Apart from an extended fling with Jan ( based on Bukowski’s first wife Linda King) he forms no close relationships in the novel). Talking to Gertrude, a fellow rooming house boarder at a bar, he says to her, ‘Love is for real people.’ After waking from a blackout he tells Jan, ‘People don’t need love. What they need is success in one form or another. It can be love but it needed be.’
Sex is seen as a temporary reprieve from the hardships of life. While working on the assembly line of the Honeybeam Company Chinaski perves on the young Mexican girls with beautiful skin and dark eyes, ‘They wore tight bluejeans and tight sweaters and gaudy earrings. They were so young and healthy and efficient and relaxed. They were good workers, and now and then one would look up and say something and then there would be explosions of laughter and glances as I watched them laugh in their tight bluejeans and their tight sweaters and thought, if one of them was in bed with me tonight I could take all this shit a whole lot better.’
Bukowski’s view of woman as sex objects rears its ugly head in the novel frequently. A neighbour knocks at Chinaski’s door for flowers following the death of a fellow tenant. ‘I was sitting up, in my shorts, holding the blanket in front of me. Chinaki the great lover. If I was any kind of man, I thought, I would rape her, set her panties on fire, force her to follow me all over the world, make tears come to her eyes with my love letters written on light red tissue paper.’ Of Jan, he matter-of-factly states, ‘Her face was sagging, she was getting jowls, she was ten years older than I. It was only when she was made up and was dressed in a tight shirt and wearing high heels that she looked good. Her ass was still shapely as were her legs and she had a seductive wiggle when she walked.’
Chinaski’s inability to feel love or empathy is furthered in his cold description of making love to Jan, ‘There was enough meaness and hostility in her to make me feel that with each thrust I was paying her back for her ill-temper.’ There is rare moment of humour and sentiment when she fits a little paper hat over his dick and ties a yellow ribbon around the brim but this is shortly followed by an argument and Jan is viciously slapped across the face, ‘I tried to make a woman out of you but you’ll never be anything but a god damned whore!’

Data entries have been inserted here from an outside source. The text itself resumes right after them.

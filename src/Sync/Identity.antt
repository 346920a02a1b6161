-- ===== src/Sync/Identity.antt =====
-- The node's identity in internal/coresync/sync.go: what is accepted, and the paths made of it.
use lts_agent.Base.{ℕ, ◌≡◌, refl, true, Bytes, [], ◌∷◌, all, arith, lit, inl, inr}
use lts_agent.Go.Errors.{ok, Result-cases}
use lts_agent.Go.Numbers.{ℤ, pos, int_eq}
use lts_agent.Go.Regexp.{matches, HeadThen, matches-HeadThen}
use lts_agent.Go.Json.Decode.{decode_one}
use lts_agent.Client.{validate_bearer}
use lts_agent.Client.Bearer.{IsBearer, validate_bearer_exact}
use lts_agent.Sync.State.{decode_state, check_state, parse_state}
use lts_agent.Sync.Token.{
  StateDocument, RegistrationResponse, alphanumeric, is_node_byte, node_id_pattern, refuse_bearer,
  check_registration, path_escape,
}

-- A letter or digit, then at most 127 letters, digits, dots, underscores and hyphens.
abbrev pub IsNodeId : Bytes → Type 0
IsNodeId = HeadThen alphanumeric is_node_byte 127

-- A state that the agent works with.
pub record IsState (s : StateDocument) : Type 0 where
  pub version : s.schema_version ≡ pos 1
  pub node_id : IsNodeId s.node_id
  pub agent_token : IsBearer s.agent_token

int_eq-eq : (a : ℤ) (n : ℕ) → int_eq a (pos n) ≡ true → a ≡ pos n
unfolding int_eq
int_eq-eq a n h = ground arith

pub refuse_bearer-IsBearer :
    (token message : Bytes) → refuse_bearer token message ≡ ok tt → IsBearer token
refuse_bearer-IsBearer token message h = elim (Result-cases (validate_bearer token)) [
  | inl (tt, e) ↦ (validate_bearer_exact token).0 e
  | inr (f, e) ↦ absurd (ground arith)
]

check_state-parts :
    (s s' : StateDocument)
    → check_state s ≡ ok s'
    → (s' ≡ s)
      × (int_eq s.schema_version (pos 1) ≡ true)
      × (matches node_id_pattern s.node_id ≡ true)
      × (refuse_bearer s.agent_token (lit "Core state contains an invalid agent_token") ≡ ok tt)
unfolding check_state
check_state-parts s s' h = ground arith

pub check_state-IsState : (s s' : StateDocument) → check_state s ≡ ok s' → IsState s'
check_state-IsState s s' h =
    let (same, v, n, t) = check_state-parts s s' h in
    rw same (record {
      version = int_eq-eq s.schema_version 1 v;
      node_id = matches-HeadThen alphanumeric is_node_byte 127 s.node_id n;
      agent_token = refuse_bearer-IsBearer s.agent_token _ t;
    })

pub parse_state-IsState :
    (contents : Bytes) (s : StateDocument) → parse_state contents ≡ ok s → IsState s
unfolding parse_state
parse_state-IsState contents s h = elim (Result-cases (decode_one decode_state contents)) [
  | inr (e, f) ↦ absurd (ground arith)
  | inl (d, f) ↦ check_state-IsState d s (ground arith)
]

check_registration-parts :
    (r : RegistrationResponse) (s : StateDocument)
    → check_registration r ≡ ok s
    → (s ≡ record { schema_version = pos 1; node_id = r.node_id; agent_token = r.agent_token })
      × (matches node_id_pattern r.node_id ≡ true)
      × (refuse_bearer r.agent_token (lit "registration response contains an invalid agent_token")
          ≡ ok tt)
unfolding check_registration
check_registration-parts r s h = ground arith

pub check_registration-IsState :
    (r : RegistrationResponse) (s : StateDocument) → check_registration r ≡ ok s → IsState s
check_registration-IsState r s h =
    let (same, n, t) = check_registration-parts r s h in
    rw same (record {
      version = refl;
      node_id = matches-HeadThen alphanumeric is_node_byte 127 r.node_id n;
      agent_token = refuse_bearer-IsBearer r.agent_token _ t;
    })

path_escape-all : (s : Bytes) → all is_node_byte s ≡ true → path_escape s ≡ s
unfolding path_escape
path_escape-all [] h = refl
path_escape-all (c ∷ s) h = ground (arith, path_escape-all s)

-- `url.PathEscape` leaves a well-formed node id as it is.
pub path_escape-IsNodeId : (s : Bytes) → IsNodeId s → path_escape s ≡ s
unfolding path_escape
path_escape-IsNodeId [] h = refl
path_escape-IsNodeId (c ∷ s) h = path_escape-all (c ∷ s) (ground arith)
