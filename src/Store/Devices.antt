-- ===== src/Store/Devices.antt =====
-- internal/store/devices.go: registration, ownership and unpairing of devices.
use aisummoner.Prelude.{
  ℕ, Bool, not, ◌&&◌, none, some, List, [], ◌∷◌, ◌++◌, ◌==◌, if◌then◌else◌, length, ltb, first, any,
  count, update,
}
use aisummoner.Store.Data.{
  RowId, Time, Bytes, Device, PairingCode, AgentSession, Db, revoked, failed, is_open, is_none,
  same_id, bytes_eq,
}
use aisummoner.Store.Driver.{
  Exec, Result, ok, err, not_found, conflict, invalid_argument, driver_fault, on_db, on_tx, pure,
  ◌>>=◌, ◌>>◌, statement, query, exec, transaction, scan_row, require_one_row, check,
}
use aisummoner.Store.Sessions.{update_sessions}
use aisummoner.Store.Tools.{update_tools}

unfoldable pub device_by_id : RowId → Exec Device
device_by_id device_id = do
  row ← query on_db (λ db. first (λ d. d.id == device_id) db.devices)
  scan_row row

unfoldable pub device_by_owner : RowId → RowId → Exec Device
device_by_owner owner device_id = do
  row ←
      query on_db (λ db. first (λ d. d.id == device_id && same_id d.owner_user_id owner) db.devices)
  scan_row row

-- `ON CONFLICT(id) DO UPDATE … WHERE devices.public_key = excluded.public_key`: the owner of a known
-- device is never written. The key is unique among the devices.
unfoldable pub upsert_device : Device → Db → Result ℕ × Db
upsert_device device db =
    if any (λ d. d.id == device.id) db.devices
    then (
      ok (count same_key db.devices),
      record db {
        devices =
            update same_key
              (λ d. record d {
                name = device.name;
                platform = device.platform;
                arch = device.arch;
                client_version = device.client_version;
              })
              db.devices;
      },
    )
    else if any (λ d. bytes_eq d.public_key device.public_key) db.devices
    then (err driver_fault, db)
    else (ok 1, record db { devices = db.devices ++ device ∷ [] })
  where
    same_key : Device → Bool
    same_key d = d.id == device.id && bytes_eq d.public_key device.public_key

abbrev pub valid_device : Device → Bool
valid_device device =
    not (device.id == 0)
    && ltb 0 (length device.public_key)
    && ltb 0 (length device.name)
    && ltb 0 (length device.platform)
    && ltb 0 (length device.arch)
    && ltb 0 (length device.client_version)

unfoldable pub register_device : Device → Exec Device
unfolding upsert_device device_by_id
register_device device = do
  check (valid_device device) invalid_argument
  affected ← statement on_db (upsert_device device)
  check (affected == 1) conflict
  device_by_id device.id

abbrev pub update_devices : (Device → Bool) → (Device → Device) → Db → ℕ × Db
update_devices p f db = (count p db.devices, record db { devices = update p f db.devices })

abbrev pub set_last_seen : RowId → Time → Db → ℕ × Db
set_last_seen device_id at =
    update_devices (λ d. d.id == device_id) (λ d. record d { last_seen_at = some at })

unfoldable pub update_device_last_seen : RowId → Time → Exec (Unit {0})
update_device_last_seen device_id at = do
  affected ← exec on_db (set_last_seen device_id at)
  require_one_row affected

abbrev session_ids : (AgentSession → Bool) → List AgentSession → List RowId
session_ids p [] = []
session_ids p (s ∷ rest) = let ids = session_ids p rest in if p s then s.id ∷ ids else ids

-- The sessions of an owner on a device.
abbrev pub session_of : RowId → RowId → AgentSession → Bool
session_of owner device_id s = s.user_id == owner && s.device_id == device_id

abbrev pub update_codes : (PairingCode → Bool) → (PairingCode → PairingCode) → Db → ℕ × Db
update_codes p f db =
    (count p db.pairing_codes, record db { pairing_codes = update p f db.pairing_codes })

-- `UPDATE pairing_codes SET consumed_at = ? WHERE device_id = ? AND consumed_at IS NULL`
abbrev pub consume_device_codes : RowId → Time → Db → ℕ × Db
consume_device_codes device_id now =
    update_codes (λ c. c.device_id == device_id && is_none c.consumed_at)
      (λ c. record c { consumed_at = some now })

abbrev pub revoke_sessions : RowId → RowId → Time → Db → ℕ × Db
revoke_sessions owner device_id now =
    update_sessions (λ db. session_of owner device_id)
      (λ s. record s { state = revoked; updated_at = now })

abbrev pub terminalize_tools : RowId → RowId → Bytes → Time → Db → ℕ × Db
terminalize_tools owner device_id excerpt now =
    update_tools
      (λ db t.
        is_open t.status
        && is_none t.completed_at
        && any (λ s. s.id == t.session_id && session_of owner device_id s) db.sessions)
      (λ t. record t {
        status = failed;
        exit_code = none;
        output_excerpt = some excerpt;
        completed_at = some now;
      })

abbrev pub disown : RowId → RowId → Db → ℕ × Db
disown owner device_id =
    update_devices (λ d. d.id == device_id && same_id d.owner_user_id owner)
      (λ d. record d { owner_user_id = none; paired_at = none })

-- `unpaired` is the text `deviceUnpairedToolExcerpt`, "device unpaired". The identifiers of the
-- revoked sessions are returned in the order of the table.
unfoldable pub unpair_device : Bytes → RowId → RowId → Time → Exec (List RowId)
unpair_device unpaired owner device_id now = transaction do
  row ←
      query on_tx (λ db. first (λ d. d.id == device_id && same_id d.owner_user_id owner) db.devices)
  scan_row row
  session_ids ← query on_tx (λ db. session_ids (session_of owner device_id) db.sessions)
  exec on_tx (consume_device_codes device_id now)
  exec on_tx (revoke_sessions owner device_id now)
  exec on_tx (terminalize_tools owner device_id unpaired now)
  affected ← exec on_tx (disown owner device_id)
  check (affected == 1) not_found
  pure session_ids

In the last chapter of Factotum, Jan has left Henry for a fat real estate agent. Fittingly, Chinaski spends his last dollar alone in a strippers’ club. Voyerishly, he describes the girl, ‘But Darlene was fine. Skinny, but with breasts. A body like a willow. At the end of that slim back, that slim body, was an enormous behind. It was like a miracle- enough to drive a man crazy.’
As her striptease culminates Darlene fingers her naked breasts and the four man band crackles and bangs. The author, for once, can't raise it, ‘Darlene spun around. She tore away the beads. I looked, they looked. We could see her cunt hairs through the flesh-coloured gauze. The band really spanked her ass. And I couldn’t get it up.’
Overall, this is a simple, but rebellious tale from the point of view of a literary icon. Bukowski has shown extraordinary courage and resilience in his survival as a writer and in his continued posthumous success after decades of struggle with the establishment. Thirty-five years after its first release Factotum is still highly readable and has lost none of its relevance or kick in the balls effect, particularly for Buk’s latest generation of young & disenfranchised readers.